Ellanor menatap jengah pada setiap penjelasan guru di depan sana. Berkali-kali dia menguap secara terang-terangan membuat teman di dekatnya memberikan tatapan risih. Namun Ellanor bersikap seakan tidak peduli. Karena guru di depan sana tidak memiliki tanda-tanda akan berhenti, Ellanor segera mengangkat tangan yang spontan menarik perhatian wanita paruh baya di depan.

"Iya, Vicy?"

"Ellanor, not Vicy," koreksi Ellanor dengan nada jengah. Seharian ini dirinya sudah mengoreksi banyak orang karena memangilnya Vicy. Padahal jiwa Vicy sendiri masih tertidur tenang di alam bawah sadarnya.

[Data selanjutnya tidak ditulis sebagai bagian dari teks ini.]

-- ===== src/Persistence/Oldest.antt =====
-- persistence/repositories.py, claim_queued_outbound_actions: which of the due actions a claim hands
-- out.
use Prim.Native.Nat.{ℕ, zero, suc, ◌+◌, ◌≤◌}
use mathlib.Core.Path.{◌≡◌, refl, sym, subst, ◌∙◌, ap}
use mathlib.Core.Logic.{◌⊎◌, inl, inr}
use mathlib.Core.Bool.{true}
use mathlib.Core.Option.{some}
use mathlib.Core.List.{List, [], ◌∷◌, map}
use native.Mathlib.Omega.{arith}
use wootpilot.Prelude.Tests.{ltb, Bool-cases, Option-cases}
use wootpilot.Prelude.Lists.{
  ◌∈◌, filter, take, length, length-take, mem-filter_of_mem, mem-map, mem-map_cases,
}
use wootpilot.Domain.Rules.{AgentActionKind}
use wootpilot.Domain.Outbound.{OutboundActionStatus, QueuedOutboundAction}
use wootpilot.Persistence.Rows.{Db, OutboundActionRow}
use wootpilot.Persistence.Queue.{
  action_due, claim_queued_outbound_actions, claim_row, due_actions, insert_by_created,
  order_by_created, queued_action_due, retryable_action_due, row_to_outbound_action,
}
use wootpilot.Persistence.Claims.{mem-due_actions, mem-insert_by_created}

-- A row is due when it is queued, a public message for at least the delay, or when it waits for a
-- retry whose time has come.
pub data Due (now delay : ℕ) (row : OutboundActionRow) : Type 0 where
  waited :
      row.status ≡ OutboundActionStatus.queued
      → (row.action_kind ≡ AgentActionKind.public_message → row.created_at + delay ≤ now)
      → Due now delay row
  retried :
      row.status ≡ OutboundActionStatus.retryable_failure
      → (t : ℕ) → row.next_attempt_at ≡ some t
      → t ≤ now
      → Due now delay row

Due-passes :
    (now delay : ℕ) (row : OutboundActionRow) → Due now delay row → action_due now delay row ≡ true
unfolding action_due queued_action_due retryable_action_due
Due-passes now delay row (Due.waited queued old) = ground (arith, old)
Due-passes now delay row (Due.retried failed t next come) = ground arith

queued→Due :
    (now delay : ℕ) (row : OutboundActionRow)
    → queued_action_due now delay row ≡ true
    → Due now delay row
unfolding queued_action_due
queued→Due now delay row h = Due.waited (ground arith) (λ public. ground arith)

retryable→Due :
    (now delay : ℕ) (row : OutboundActionRow)
    → retryable_action_due now row ≡ true
    → Due now delay row
unfolding retryable_action_due
retryable→Due now delay row h = elim (Option-cases row.next_attempt_at) [
  | inl missing ↦ absurd (ground arith)
  | inr (t, next) ↦ Due.retried (ground arith) t next (ground arith)
]

action_due→Due :
    (now delay : ℕ) (row : OutboundActionRow) → action_due now delay row ≡ true → Due now delay row
unfolding action_due
action_due→Due now delay row h = elim (Bool-cases (queued_action_due now delay row)) [
  | inl queued ↦ queued→Due now delay row queued
  | inr other ↦ retryable→Due now delay row (ground arith)
]

Below : OutboundActionRow → List OutboundActionRow → Type 0
Below row rows = (x : OutboundActionRow) → x ∈ rows → row.created_at ≤ x.created_at

IsSorted : List OutboundActionRow → Type 0
IsSorted [] = Unit
IsSorted (row ∷ rows) = Below row rows × IsSorted rows

insert_by_created-IsSorted :
    (row : OutboundActionRow) (rows : List OutboundActionRow)
    → IsSorted rows
    → IsSorted (insert_by_created row rows)
unfolding insert_by_created IsSorted Below
insert_by_created-IsSorted row [] s = (λ x m. absurd m, tt)
insert_by_created-IsSorted row (r ∷ rows) (below, s) =
    elim (Bool-cases (ltb r.created_at row.created_at)) [
      | inl before ↦ rw before (
        λ x m. elim (mem-insert_by_created x row rows m) [
          | inl same ↦ ground (arith, ap (λ (q : OutboundActionRow). q.created_at) same)
          | inr among ↦ below x among
        ],
        insert_by_created-IsSorted row rows s,
      )
      | inr after ↦ rw after (
        λ x m. elim m [
          | inl same ↦ ground (arith, ap (λ (q : OutboundActionRow). q.created_at) same)
          | inr among ↦ ground (arith, below x among)
        ],
        (below, s),
      )
    ]

order_by_created-IsSorted : (rows : List OutboundActionRow) → IsSorted (order_by_created rows)
unfolding order_by_created IsSorted
order_by_created-IsSorted [] = tt
order_by_created-IsSorted (r ∷ rows) =
    insert_by_created-IsSorted r (order_by_created rows) (order_by_created-IsSorted rows)

mem-insert_by_created_of :
    (x r : OutboundActionRow) (rows : List OutboundActionRow)
    → x ∈ (r ∷ rows)
    → x ∈ insert_by_created r rows
unfolding insert_by_created
mem-insert_by_created_of x r [] m = m
mem-insert_by_created_of x r (q ∷ rows) m = ground (arith, mem-insert_by_created_of x r rows)

mem-order_by_created_of :
    (x : OutboundActionRow) (rows : List OutboundActionRow) → x ∈ rows → x ∈ order_by_created rows
unfolding order_by_created
mem-order_by_created_of x [] m = m
mem-order_by_created_of x (r ∷ rows) (inl same) =
    mem-insert_by_created_of x r (order_by_created rows) (inl same)
mem-order_by_created_of x (r ∷ rows) (inr m) =
    mem-insert_by_created_of x r (order_by_created rows) (inr (mem-order_by_created_of x rows m))

-- The first rows of a sorted list: another row of it is left out only for as many older ones.
take-oldest :
    (n : ℕ) (rows : List OutboundActionRow) (x : OutboundActionRow)
    → IsSorted rows
    → x ∈ rows
    → (x ∈ take n rows)
      ⊎ ((length (take n rows) ≡ n)
          × ((y : OutboundActionRow) → y ∈ take n rows → y.created_at ≤ x.created_at))
unfolding IsSorted Below
take-oldest zero rows x s m = inr (refl, λ y k. absurd k)
take-oldest (suc n) [] x s m = absurd m
take-oldest (suc n) (r ∷ rows) x s (inl same) = inl (inl same)
take-oldest (suc n) (r ∷ rows) x (below, s) (inr m) = elim (take-oldest n rows x s m) [
  | inl taken ↦ inl (inr taken)
  | inr (full, older) ↦ inr (
    ap suc full,
    λ y k. elim k [
      | inl same ↦
          subst (λ (q : OutboundActionRow). q.created_at ≤ x.created_at) (sym same) (below x m)
      | inr among ↦ older y among
    ],
  )
]

-- The claimed action of a row.
abbrev pub handed : OutboundActionRow → QueuedOutboundAction
handed row = record {
  id = row.id;
  tenant_id = row.tenant_id;
  channel_id = row.channel_id;
  conversation_id = row.conversation_id;
  source_message_id = row.source_message_id;
  action_kind = row.action_kind;
  content = row.content;
  safety_context = row.safety_context;
  status = OutboundActionStatus.executing;
  attempt_count = row.attempt_count;
}

length-map : {A B : Type 0} (f : A → B) (xs : List A) → length (map f xs) ≡ length xs
length-map f [] = refl
length-map f (x ∷ xs) = ap suc (length-map f xs)

-- What a claim of at most `limit` actions may hand out.
pub record TakesOldest (db : Db) (limit now delay : ℕ) (actions : List QueuedOutboundAction)
    : Type 0 where
  pub bounded : length actions ≤ limit
  pub sound :
      (a : QueuedOutboundAction)
      → a ∈ actions
      → (row : OutboundActionRow) × (row ∈ db.outbound_actions)
        × Due now delay row
        × (a ≡ handed row)
  pub oldest :
      (left : OutboundActionRow)
      → left ∈ db.outbound_actions
      → Due now delay left
      → (handed left ∈ actions)
        ⊎ ((length actions ≡ limit)
            × ((a : QueuedOutboundAction)
                → a ∈ actions
                → (row : OutboundActionRow) × (a ≡ handed row)
                  × (row.created_at ≤ left.created_at)))

-- A claim hands out at most `limit` actions. Each is executing and has the other fields of a row of
-- the table that is due: queued, a public message for at least the delay, or waiting for a retry
-- whose time has come. A due row is left out only where the claim is full, and then every action
-- handed out is that of a row created no later.
pub claim-TakesOldest :
    (db : Db) (limit now claimed_at delay : ℕ)
    → TakesOldest db limit now delay (claim_queued_outbound_actions db limit now claimed_at delay).0
unfolding claim_queued_outbound_actions row_to_outbound_action due_actions
claim-TakesOldest db limit now claimed_at delay =
    let make = λ (r : OutboundActionRow). row_to_outbound_action (claim_row claimed_at r) in
    let due = filter (action_due now delay) db.outbound_actions in
    let rows = due_actions limit now delay db.outbound_actions in
    record {
      bounded =
          subst (λ (n : ℕ). n ≤ limit) (sym (length-map make rows))
            (length-take limit (order_by_created due));
      sound = λ a m.
          let (row, among, made) = mem-map_cases make a rows m in
          let (listed, is_due) = mem-due_actions limit now delay row db.outbound_actions among in
          (row, listed, action_due→Due now delay row is_due, made);
      oldest = λ left listed is_due.
          let waiting = mem-order_by_created_of left due (
            mem-filter_of_mem (action_due now delay) left db.outbound_actions listed
              (Due-passes now delay left is_due)) in
          elim (take-oldest limit (order_by_created due) left (order_by_created-IsSorted due)
            waiting) [
              | inl taken ↦ inl (mem-map make left rows taken)
              | inr (full, older) ↦ inr (
                length-map make rows ∙ full,
                λ a m.
                    let (row, among, made) = mem-map_cases make a rows m in
                    (row, made, older row among),
              )
            ];
    }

Guru wanita tersebut memberikan tatapan datar. Meski dia tahu Ellanor adalah anak dari pemilik sekolah, tapi rumor yang berembus membuat mereka berani pada si bungsu Hernandez. Apalagi Ellanor berbeda dari saudaranya yang lain dan tidak menyandang marga keluarga. Lengkaplah sudah penderitaan gadis itu sebagai putri yang terbuang.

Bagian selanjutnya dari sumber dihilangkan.